# OMG!



## Kevin

Unbelievable.

Reactions: Agree 1


----------



## healeydays

I guess it's one way to get parallel cuts...


----------



## conchwood

Kevin said:


> Unbelievable.


----------



## Mike1950

Yes- I saw that over at WWF- when he get around to the back side and is fighting to pull it -all kinds of ugly scenarios flashed through my head. Who ever owns that saw better have damn good life and health insurance cause they surely are going to need it..................

Reactions: Agree 3


----------



## Kevin

Mike1950 said:


> Yes- I saw that over at WWF- when he get around to the back side and is fighting to pull it -all kinds of ugly scenarios flashed through my head. Who ever owns that saw better have damn good life and health insurance cause they surely are going to need it..................



I got it in my Charles Neil newsletter - it's really making the rounds lol.


----------



## davidgiul

When I looked at this I got the same feeling in my groin area as I do when I step up to the edge of a 100 ft cliff. Yikes.

Reactions: Agree 1


----------



## DKMD

That's how they roll in Russia, I guess! 

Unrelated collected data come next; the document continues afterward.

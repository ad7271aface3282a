-- ===== src/Rescue/Tests.antt =====
-- internal/rescue/rescue.go: a small cluster, and the theorems applied to it.
use khealth_tui.Base.{
  ℕ, ◌+◌, ◌≡◌, refl, inl, inr, Bool, true, false, [], ◌∷◌, Option, none, some, arith, if◌then◌else◌,
  ◌≢◌, length, ◌↔◌, All, ◌*◌,
}
use khealth_tui.Text.{Text, lit, text_eq, codes, split, cut, trim_space}
use khealth_tui.Etcd.Leader.{leader_iff}
use khealth_tui.Etcd.{Member, EndpointStatus, Probe, leader}
use khealth_tui.Rescue.Types
use khealth_tui.Rescue.Types.{Node, Facts, Plan, second, minute, done, failed, skipped, State}
use khealth_tui.Rescue.Env.{Env}
use khealth_tui.Rescue.Status.{Status, parse_status, ready, readyz_ok}
use khealth_tui.Rescue.Ready.{IsReady, ready_iff}
use khealth_tui.Rescue.Monad.{St}
use khealth_tui.Rescue.Exec.Poll.{Printed}
use khealth_tui.Rescue.Exec.Ends.{IsClock, Ends}
use khealth_tui.Rescue.Wait.{wait_status, status_check, cluster_reset}
use khealth_tui.Rescue.Wait.Seen.{wait_status_seen, status_request}
use khealth_tui.Rescue.Perform.{perform}
use khealth_tui.Rescue.Perform.Ends.{perform-Ends}
use khealth_tui.Rescue.Output.{first_after, lines, has_marker}
use khealth_tui.Rescue.Exec.{poll, exec_ok, verdict, request}
use khealth_tui.Rescue.Reset.{restore_verified}
use khealth_tui.Rescue.Run.{
  agent_nodes, failure, touched, Shared, Outcome, enter, has_err, run, run_loop, run_step,
}
use khealth_tui.Rescue.Build.{
  after_backup, restore_part, rejoin_all, rejoin_steps, build, stop_of, backup_of,
}
use khealth_tui.Rescue.Outcome.{Ended, states, asked_to_stop, run-Ended, run_ok_iff, run_cancelled}
use khealth_tui.Rescue.Order.{DoneBefore, data_after_stops, back_after_moves}

abbrev facts : Facts
facts = record {
  ok = true;
  hostname = [];
  bin = [];
  svc_state = [];
  owner = [];
  mode = [];
  member = [];
  server_url = [];
  node_ip = [];
  agent = [];
  profile = [];
  s3_secret = [];
  manifest = [];
  api_endpoint = [];
  member_name = [];
  peer_url = [];
  image = [];
  initial_cluster = [];
  snapshot = [];
  err = [];
  size_kb = 0;
  avail_kb = 0;
  mount = false;
  rescue = codes "/rescue";
  config = [];
  has_server = false;
  cluster_init = false;
  rancher = false;
  addrs = [];
  s3 = false;
  etcd_user = false;
  tools = [];
  snapshot_size = 0;
  snapshot_time = 0;
}

abbrev node : Text → Node
node name = record { name = name; host = name; ip = name; data_dir = []; facts = facts }

abbrev plan : Plan
plan = record {
  kind = Types.rke2;
  dd = codes "/d";
  target = node (codes "a");
  others = node (codes "b") ∷ [];
  snapshot = codes "/s/x";
  s3 = false;
  take_snapshot = true;
  stamp = codes "1";
  poll_interval = 4 * second;
  wait_timeout = 15 * minute;
  rejoin = false;
  member_count = 0;
  left_out = [];
}

abbrev member : Member
member = record {
  id = codes "1";
  name = codes "a";
  peer_urls = [];
  client_urls = [];
  is_learner = false;
}

abbrev status_of : EndpointStatus
status_of = record {
  endpoint = [];
  version = [];
  db_size = 0;
  leader_id = codes "1";
  member_id = codes "1";
  raft_term = 2;
  raft_index = 3;
}

abbrev probe : Probe
probe = record {
  members = member ∷ [];
  statuses = status_of ∷ [];
  endpoint_health = true ∷ [];
  alarms = [];
}

-- The service stops, the data moves, the status is fine; every other script fails.
abbrev answer : Text → Text
answer script =
    if text_eq script (codes "stop")
    then codes "stopped=ok"
    else if text_eq script (codes "backup")
    then codes "backup=ok"
    else if text_eq script (codes "status")
    then codes "svc_state=active\nreadyz=200\n"
    else codes "ERROR: no"

-- The world is the clock in nanoseconds; a call takes a second.
abbrev cluster : Option Text → Env
cluster ctx = record {
  World = ℕ;
  run = λ w r. (record { stdout = answer r.script; stderr = []; err = none }, w + second);
  now = λ w. w;
  pause = λ w d. w + d;
  ctx_err = λ w. ctx;
  aborted = λ w. false;
  emit = λ w e. w;
  parse_ctl = λ n out. probe;
  url_host = λ t. [];
  split_host_port = λ t. none;
  is_ip = λ t. false;
}

abbrev fresh : (ctx : Option Text) → Shared (cluster ctx)
fresh ctx = record { notes = []; agent_off = []; clusters = []; world = 0 }

clock : (ctx : Option Text) → IsClock (cluster ctx)
clock ctx = record { call_forward = λ w r. omega arith; pause_lasts = λ w d. omega arith }

leader_iff_example :
    (leader probe ≡ codes "1")
    ↔ ((probe.statuses ≢ []) × All (λ (s : EndpointStatus). s.leader_id ≡ codes "1") probe.statuses)
leader_iff_example = leader_iff probe (codes "1") (λ e. cc)

abbrev ready_status : Status
ready_status = record {
  svc = codes "active";
  health = [];
  readyz = codes "200";
  members = 1;
  learners = 0;
  healthy = 1;
  leader = codes "1";
  alarms = 0;
  probe = probe;
}

ready_iff_example : ((ready ready_status 1 true []).0 ≡ true) ↔ IsReady ready_status 1 true []
ready_iff_example = ready_iff ready_status 1 true []

ready_test : (ready ready_status 1 true []).0 ≡ true
unfolding ready readyz_ok lit
ready_test = refl

-- Stop b, stop a, move a, move b; then the restore fails and the rest is skipped.
restore_test :
    states (run plan (build (cluster none) plan) (fresh none)).steps
    ≡ done ∷ done ∷ done ∷ done ∷ failed ∷ skipped ∷ skipped ∷ skipped ∷ skipped ∷ skipped ∷ skipped
      ∷ skipped ∷ skipped ∷ skipped ∷ skipped ∷ skipped ∷ []
unfolding run run_step build perform lit agent_nodes failure exec_ok verdict first_after lines split
    request has_marker after_backup restore_part restore_verified cluster_reset rejoin_all
    rejoin_steps
restore_test = refl

abbrev restore_run : Outcome (cluster none)
restore_run = run plan (build (cluster none) plan) (fresh none)

run-Ended_example :
    (f : Bool) × Ended
      (asked_to_stop plan (build (cluster none) plan) (fresh none))
      f
      (states restore_run.steps)
    × (f ≡ true → has_err restore_run.err ≡ true)
    × (length restore_run.steps ≡ length (build (cluster none) plan))
run-Ended_example = run-Ended plan (build (cluster none) plan) (fresh none)

run_ok_iff_example : (restore_run.err ≡ none) ↔ (
    All (λ (s : State). s ≡ done) (states restore_run.steps)
    × ((cluster none).aborted
          (run_loop plan [] 0 none (build (cluster none) plan) (fresh none)).1.world
        ≡ false))
run_ok_iff_example = run_ok_iff plan (build (cluster none) plan) (fresh none) (λ w. refl)

abbrev cancelled : Option Text
cancelled = some (codes "context canceled")

abbrev cancelled_run : Outcome (cluster cancelled)
cancelled_run = run plan (build (cluster cancelled) plan) (fresh cancelled)

run_cancelled_example :
    All (λ (s : State). s ≡ skipped) (states cancelled_run.steps) × (cancelled_run.err ≡ none)
run_cancelled_example =
    run_cancelled plan (build (cluster cancelled) plan) (fresh cancelled) refl refl

-- The move of the data of `a`, the third step, comes after the stop of `b`.
data_after_stops_example : DoneBefore plan (fresh none) 2 (stop_of plan (node (codes "b")))
unfolding run run_step build perform lit agent_nodes failure exec_ok verdict first_after lines split
    request has_marker after_backup restore_part restore_verified cluster_reset rejoin_all
    rejoin_steps touched
data_after_stops_example =
    data_after_stops plan (fresh none) 2 {s = backup_of plan.target} (node (codes "b")) refl refl
      refl (done, refl, inl refl) (inr (inl refl))

-- The restore, the fifth step, comes after the move of the data of `b`.
back_after_moves_example : DoneBefore plan (fresh none) 4 (backup_of (node (codes "b")))
unfolding run run_step build perform lit agent_nodes failure exec_ok verdict first_after lines split
    request has_marker after_backup restore_part restore_verified cluster_reset rejoin_all
    rejoin_steps touched
back_after_moves_example =
    back_after_moves plan (fresh none) 4 (node (codes "b")) refl refl refl (failed, refl, inr refl)
      (inr (inl refl))

abbrev waiting : St (cluster none)
waiting = enter (fresh none) (stop_of plan (node (codes "a")))

wait_status_seen_example :
    (out : Text) × Printed (cluster none) (status_request plan (node (codes "a")) true false) out
    × IsReady (parse_status (cluster none).parse_ctl (codes "a") out) 1 true []
unfolding wait_status poll status_check parse_status cut trim_space ready leader readyz_ok run
    run_step build perform lit agent_nodes failure exec_ok verdict first_after lines split request
    has_marker after_backup restore_part restore_verified cluster_reset rejoin_all rejoin_steps
wait_status_seen_example =
    wait_status_seen plan (node (codes "a")) 1 true false [] waiting
      (wait_status plan (node (codes "a")) 1 true false [] waiting).1 refl

perform-Ends_example :
    Ends (perform plan (Types.wait_status (node (codes "a")) 3 true false []) waiting)
perform-Ends_example =
    perform-Ends plan (clock none) (omega arith)
      (Types.wait_status (node (codes "a")) 3 true false []) waiting
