-- ===== src/Text/Assoc.antt =====
-- Go's maps with string keys, as lists of pairs: reading, writing and deleting.
use khealth_tui.Base.{
  ◌≡◌, ◌≢◌, refl, sym, ◌∙◌, List, [], ◌∷◌, Option, none, some, if◌then◌else◌, Bool-cases, inl, inr,
}
use khealth_tui.Text.Defs.{Text, text_eq}
use khealth_tui.Text.Laws.{text_eq_refl, text_eq→eq}

module _ {ℓ} {A : Type ℓ} where
  abbrev pub get : Text → List (Text × A) → Option A
  get k [] = none
  get k ((j, a) ∷ m) = if text_eq j k then some a else get k m

  abbrev pub del : Text → List (Text × A) → List (Text × A)
  del k [] = []
  del k ((j, a) ∷ m) = let rest = del k m in if text_eq j k then rest else (j, a) ∷ rest

  abbrev pub put : Text → A → List (Text × A) → List (Text × A)
  put k a m = (k, a) ∷ del k m

  pub get-del_same : (k : Text) (m : List (Text × A)) → get k (del k m) ≡ none
  get-del_same k [] = refl
  get-del_same k ((j, a) ∷ m) = elim (Bool-cases (text_eq j k)) [
    | inl e ↦ rw e (get-del_same k m)
    | inr e ↦ rw (e, e) (get-del_same k m)
  ]

  pub get-del_other : (k l : Text) (m : List (Text × A)) → k ≢ l → get k (del l m) ≡ get k m
  get-del_other k l [] n = refl
  get-del_other k l ((j, a) ∷ m) n = elim (Bool-cases (text_eq j l)) [
    | inl e ↦ elim (Bool-cases (text_eq j k)) [
      | inl f ↦ absurd (n (sym (text_eq→eq j k f) ∙ text_eq→eq j l e))
      | inr f ↦ rw (e, f) (get-del_other k l m n)
    ]
    | inr e ↦ elim (Bool-cases (text_eq j k)) [
      | inl f ↦ rw (e, f) refl
      | inr f ↦ rw (e, f) (get-del_other k l m n)
    ]
  ]

  pub get-put_same : (k : Text) (a : A) (m : List (Text × A)) → get k (put k a m) ≡ some a
  get-put_same k a m = rw (text_eq_refl k) refl

  pub get-put_other :
      (k l : Text) (a : A) (m : List (Text × A)) → k ≢ l → get k (put l a m) ≡ get k m
  get-put_other k l a m n = elim (Bool-cases (text_eq l k)) [
    | inl e ↦ absurd (n (sym (text_eq→eq l k e)))
    | inr e ↦ rw e (get-del_other k l m n)
  ]
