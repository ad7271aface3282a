-- ===== src/Ssh.antt =====
-- internal/sshrun/runner.go: the cache of connections, which concurrent callers share.
pub mod Cache
pub mod Env
pub mod Become
pub mod Run
pub mod Moves
pub mod Owned
pub mod Single
mod Tests
use khealth_tui.Base.{
  ℕ, ◌+◌, ◌-◌, ◌*◌, Bool, true, false, List, [], ◌∷◌, Option, none, some, if◌then◌else◌, ltb, ◌==◌,
  not, keep,
}
use khealth_tui.Text.{Text, text_eq}
use khealth_tui.Text.Assoc.{get, put, del}

-- `dialFailure`, with its time in nanoseconds.
pub record DialFailure : Type 0 where
  pub err : Text
  pub at : ℕ

-- `becomeMethod`: no tool for a login that is root already.
pub record Method : Type 0 where
  pub tool : Text
  pub with_pass : Bool

-- The fields of `Runner` that change. A connection is the number of the dial that opened it; `live`
-- holds the connections that are open, with their addresses.
pub record Runner : Type 0 where
  pub clients : List (Text × ℕ)
  pub dials : ℕ
  pub dial_fail : List (Text × DialFailure)
  pub become : List (Text × Method)
  pub live : List (Text × ℕ)

abbrev pub dial_fail_memo : ℕ
dial_fail_memo = 5000000000

abbrev pub new_runner : Runner
new_runner = record { clients = []; dials = 0; dial_fail = []; become = []; live = [] }

-- `c.Close()`.
unfoldable pub shut : ℕ → List (Text × ℕ) → List (Text × ℕ)
shut c [] = []
shut c ((a, d) ∷ live) = let rest = shut c live in if c == d then rest else (a, d) ∷ rest

-- What `client` finds before it dials: a connection, an error that still answers, or nothing.
pub data Found : Type 0 where
  cached : ℕ → Found
  refused : Text → Found
  absent : Found

unfoldable pub look : Runner → Text → ℕ → Found
look r addr now = elim (get addr r.clients) [
  | some c ↦ cached c
  | none ↦ elim (get addr r.dial_fail) [
    | none ↦ absent
    | some f ↦ (if ltb (now - f.at) dial_fail_memo then refused f.err else absent)
  ]
]

-- `r.dials.Add(1)`; the new count names the connection.
unfoldable pub start_dial : Runner → Runner
start_dial r = record r { dials = r.dials + 1 }

-- The dial has ended with an open connection, which no cache holds yet.
unfoldable pub arrived : Runner → Text → ℕ → Runner
arrived r addr c = record r { live = (addr, c) ∷ r.live }

-- `r.clients[addr] = c`, under `mu`.
unfoldable pub store : Runner → Text → ℕ → Runner
store r addr c = record r { clients = put addr c r.clients }

-- Both, when nobody comes between.
unfoldable pub dialed : Runner → Text → ℕ → Runner
unfolding arrived store
dialed r addr c = store (arrived r addr c) addr c

unfoldable pub dial_failed : Runner → Text → Text → ℕ → Runner
dial_failed r addr e now = record r {
  dial_fail = put addr (record { err = e; at = now }) r.dial_fail;
}

abbrev pub is_conn : Option ℕ → ℕ → Bool
is_conn none c = false
is_conn (some d) c = d == c

-- What `dropDead` does under `mu`, and after it: the connection is closed without the lock.
unfoldable pub forget_dead : Runner → Text → ℕ → Runner
forget_dead r addr c =
    if is_conn (get addr r.clients) c
    then record r { clients = del addr r.clients; become = del addr r.become }
    else r

unfoldable pub close_conn : Runner → ℕ → Runner
unfolding shut
close_conn r c = record r { live = shut c r.live }

-- Both, when nobody comes between.
unfoldable pub drop_dead : Runner → Text → ℕ → Runner
unfolding forget_dead close_conn
drop_dead r addr c = close_conn (forget_dead r addr c) c

unfoldable pub drop_host : Runner → Text → Runner
unfolding shut
drop_host r addr = elim (get addr r.clients) [
  | none ↦ record r { become = del addr r.become }
  | some c ↦ record r {
    clients = del addr r.clients;
    become = del addr r.become;
    live = shut c r.live;
  }
]

-- The loop of `Close`.
unfoldable pub shut_all : List (Text × ℕ) → List (Text × ℕ) → List (Text × ℕ)
unfolding shut
shut_all [] live = live
shut_all ((a, c) ∷ clients) live = shut_all clients (shut c live)

unfoldable pub close : Runner → Runner
unfolding shut_all
close r = record r { clients = []; live = shut_all r.clients r.live }

-- Where a caller of `client` stands, with its address: before the lock of the address, holding it,
-- dialing under it, with the end of the dial that is not written down yet, or back with a connection or
-- an error; and between the two halves of `dropDead`.
pub data Caller : Type 0 where
  idle : Caller
  queued : Text → Caller
  inside : Text → Caller
  dialing : Text → ℕ → Caller
  opened : Text → ℕ → Caller
  denied : Text → Text → Caller
  connected : Text → ℕ → Caller
  failed : Text → Text → Caller
  dropping : Text → ℕ → Caller
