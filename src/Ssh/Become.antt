-- ===== src/Ssh/Become.antt =====
-- internal/sshrun/become.go: how a script becomes root on a host.
pub mod Root
use khealth_tui.Base.{
  ℕ, Bool, true, false, not, ◌&&◌, ◌||◌, List, [], ◌∷◌, ◌++◌, Option, none, some, if◌then◌else◌,
  keep,
}
use khealth_tui.Text.{
  Text, lit, text_eq, has_prefix, trim_prefix, trim_space, contains, split, join, to_lower, concat,
}
use khealth_tui.Strutil.{first_line}
use khealth_tui.Ssh.{Runner, drop_dead, Method}
use khealth_tui.Ssh.Env
use khealth_tui.Ssh.Env.{Env, Conf, Opened, Ended, Output}

unfoldable pub become_tools : List Text
become_tools = lit "sudo" ∷ lit "dzdo" ∷ lit "doas" ∷ []

unfoldable pub command : Method → Text × Bool
command m =
    if text_eq m.tool []
    then (lit "/bin/sh -s", false)
    else if m.with_pass
    then (m.tool ++ lit " -S -p '' /bin/sh -s", true)
    else (m.tool ++ lit " -n /bin/sh -s", false)

unfoldable pub method_text : Method → Text
method_text m =
    if text_eq m.tool []
    then lit "root"
    else if m.with_pass
    then m.tool ++ lit " (password)"
    else m.tool ++ lit " (NOPASSWD)"

abbrev pub elem : Text → List Text → Bool
elem t [] = false
elem t (s ∷ ss) = text_eq s t || elem t ss

-- One line of the probe: the names in `have`, and the uid, the first line that is no tool.
unfoldable pub probe_line : Text × List Text → Text → Text × List Text
probe_line (uid, have) raw =
    let l = trim_space raw in
    if has_prefix l (lit "tool=")
    then (uid, trim_prefix l (lit "tool=") ∷ have)
    else if not (text_eq l []) && text_eq uid []
    then (l, have)
    else (uid, have)

unfoldable pub probe_loop : Text × List Text → List Text → Text × List Text
unfolding probe_line
probe_loop acc [] = acc
probe_loop acc (l ∷ ls) = probe_loop (probe_line acc l) ls

unfoldable pub parse_become_probe : Text → Text × List Text
unfolding probe_loop become_tools
parse_become_probe out =
    let (uid, have) = probe_loop ([], []) (split out 10) in
    (uid, keep (λ t. elem t have) become_tools)

unfoldable pub not_permitted : Text → Bool
not_permitted s =
    contains s (lit "not in the sudoers")
    || (contains s (lit "not allowed")
        || (contains s (lit "operation not permitted")
            || (contains s (lit "no authorization") || contains s (lit "not authorized"))))

unfoldable pub no_terminal : Text → Bool
no_terminal s =
    contains s (lit "no tty")
    || (contains s (lit "have a tty")
        || (contains s (lit "terminal is required") || contains s (lit "askpass")))

unfoldable pub classify_become_failure : Text → Text → Bool × Text
unfolding not_permitted no_terminal
classify_become_failure tool stderr =
    let s = to_lower stderr in
    if contains s (lit "password")
    then (true, lit "password required")
    else if not_permitted s
    then (false, lit "not permitted for this user")
    else if no_terminal s
    then (false, lit "needs a terminal (requiretty?)")
    else if not (text_eq (first_line stderr) [])
    then (false, first_line stderr)
    else (false, tool ++ lit " did not return uid 0")

unfoldable pub become_password_of : Conf → Text
become_password_of cfg =
    if not (text_eq cfg.become_password []) then cfg.become_password else cfg.password

unfoldable pub or_none : List Text → Text
or_none [] = lit "none"
or_none (t ∷ ts) = join (t ∷ ts) (lit ", ")

abbrev pub is_nil : List Text → Bool
is_nil [] = true
is_nil (t ∷ ts) = false

-- A method, or the error that names what was tried.
pub data Detected : Type 0 where
  method : Method → Detected
  no_method : Text → Detected

module _ (env : Env) where
  open env use {World, open_session, run_session}

  -- What a call leaves behind: the runner and the world.
  abbrev pub Site : Type 0
  Site = Runner × World

  -- `newSession`: `none` for a session.
  unfoldable pub new_session : Site → Text → ℕ → Option Text × Site
  new_session (r, w) addr c =
      let (o, w1) = open_session w c in
      elim o [
        | Env.opened ↦ (none, (r, w1))
        | Env.refused e ↦ (some (lit "session: " ++ e), (r, w1))
        | Env.late e ↦ (
          some (
              lit "session: "
              ++ (e ++ lit ": the SSH connection stopped answering (host down or rebooting?)")),
          (drop_dead r addr c, w1),
        )
      ]

  -- `wait`, on how the command ended.
  unfoldable pub wait : Site → Text → ℕ → Ended → Option Text × Site
  wait (r, w) addr c (Env.done e) = (e, (r, w))
  wait (r, w) addr c (Env.killed e) = (some e, (r, w))
  wait (r, w) addr c (Env.dead e) = (
    some (e ++ lit ": the SSH connection stopped answering (host down or rebooting?)"),
    (drop_dead r addr c, w),
  )

  pub record Ran : Type 0 where
    pub out : Text
    pub err_out : Text
    pub err : Option Text

  unfoldable pub exec : Site → Text → ℕ → Text → Text → Ran × Site
  unfolding new_session wait
  exec s addr c cmd stdin =
      let (e, s1) = new_session s addr c in
      elim e [
        | some x ↦ (record { out = []; err_out = []; err = some x }, s1)
        | none ↦
            (let (o, w2) = run_session s1.1 c cmd stdin in
              let (x, s3) = wait (s1.0, w2) addr c o.ended in
              (record { out = o.stdout; err_out = o.stderr; err = x }, s3))
      ]

  abbrev pub is_zero : Ran → Bool
  is_zero ran = elim ran.err [ none ↦ text_eq (trim_space ran.out) (lit "0") | some e ↦ false ]

  -- The two commands that ask a tool for the uid.
  abbrev pub ask : Text → Text
  ask tool = tool ++ lit " -n id -u"

  abbrev pub ask_pass : Text → Text
  ask_pass tool = tool ++ lit " -S -p '' id -u"

  -- The reason why a tool that asked for a password is not used, once that was tried.
  abbrev rejected : Text → Text → Text
  rejected tool stderr =
      let reason = (classify_become_failure tool stderr).1 in
      if text_eq reason (lit "password required") then lit "password rejected" else reason

  -- The loop over the candidates, with the reasons so far.
  unfoldable pub try_tools : Site → Text → ℕ → Text → Text → List Text → List Text → Detected × Site
  unfolding exec
  try_tools s addr c uid password reasons [] = (
    no_method
        (concat (lit "cannot become root as uid " ∷ uid ∷ lit ": " ∷ join reasons (lit "; ") ∷ [])),
    s,
  )
  try_tools s addr c uid password reasons (tool ∷ tools) =
      let (ran, s1) = exec s addr c (ask tool) [] in
      let (needs, reason) = classify_become_failure tool ran.err_out in
      let (ran2, s2) = exec s1 addr c (ask_pass tool) (password ++ (10 ∷ [])) in
      let next = λ (t : Site) (why : Text).
        try_tools t addr c uid password (reasons ++ ((tool ++ (lit ": " ++ why)) ∷ [])) tools in
      if is_zero ran
      then (method (record { tool = tool; with_pass = false }), s1)
      else if not needs
      then next s1 reason
      else if text_eq tool (lit "doas")
      then next s1 (lit "password required (doas cannot read one from stdin: grant nopass)")
      else if text_eq password []
      then next s1 (
          lit
            "password required (none configured: use --ask-pass, KHT_BECOME_PASSWORD or ssh.become_password)")
      else if is_zero ran2
      then (method (record { tool = tool; with_pass = true }), s2)
      else next s2 (rejected tool ran2.err_out)

  abbrev pub direct : Method
  direct = record { tool = []; with_pass = false }

  unfoldable pub become_probe : Text
  become_probe =
      lit
        "id -u; for t in sudo dzdo doas; do command -v $t >/dev/null 2>&1 && echo tool=$t; done; exit 0\n"

  -- The rest of `detectBecome`, when the login is not root.
  unfoldable pub from_tools : Conf → Site → Text → ℕ → Text → List Text → Detected × Site
  unfolding try_tools
  from_tools cfg s addr c uid available =
      let auto = text_eq cfg.become (lit "auto") in
      let candidates = if auto then available else cfg.become ∷ [] in
      if not auto && not (elem cfg.become available)
      then (
        no_method (
            concat (
              lit "ssh.become: "
              ∷ cfg.become
              ∷ lit " is not installed on this host (found: "
              ∷ or_none available
              ∷ lit ")"
              ∷ [])),
        s,
      )
      else if is_nil candidates
      then (
        no_method (
            concat (
              lit "uid "
              ∷ uid
              ∷ lit
                  " and none of sudo, dzdo, doas is installed; log in as root or set ssh.sudo: false"
              ∷ [])),
        s,
      )
      else try_tools s addr c uid (become_password_of cfg) [] candidates

  unfoldable pub detect_become : Conf → Site → Text → ℕ → Detected × Site
  unfolding from_tools
  detect_become cfg s addr c =
      let (ran, s1) = exec s addr c (lit "/bin/sh -s") become_probe in
      let (uid, available) = parse_become_probe ran.out in
      if text_eq cfg.become (lit "none") then (method direct, s) else elim ran.err [
        | some e ↦ (no_method (lit "become probe: " ++ e), s1)
        | none ↦
            (if text_eq uid (lit "0")
              then (method direct, s1)
              else from_tools cfg s1 addr c uid available)
      ]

How do I forward this to the sawstop guy?

Reactions: Funny 2


----------



## Kevin

DKMD said:


> That's how they roll in Russia, I guess!
> 
> 
> How do I forward this to the sawstop guy?



He's currently at 35,000' MSL halfway between California and Russia.


----------



## Mike1950

davidgiul said:


> When I looked at this I got the same feeling in my groin area as I do when I step up to the edge of a 100 ft cliff. Yikes.



Me I NEVER get that feeling when I walk up to the edge of a 100 foot cliff---- cause I get it when I crawl to the edge.

Reactions: Funny 2


----------



## DKMD

I just realized that he took the blade guard off of that thing...

Reactions: Funny 1


----------



## Brink

davidgiul said:


> When I looked at this I got the same feeling in my groin area as I do when I step up to the edge of a 100 ft cliff. Yikes.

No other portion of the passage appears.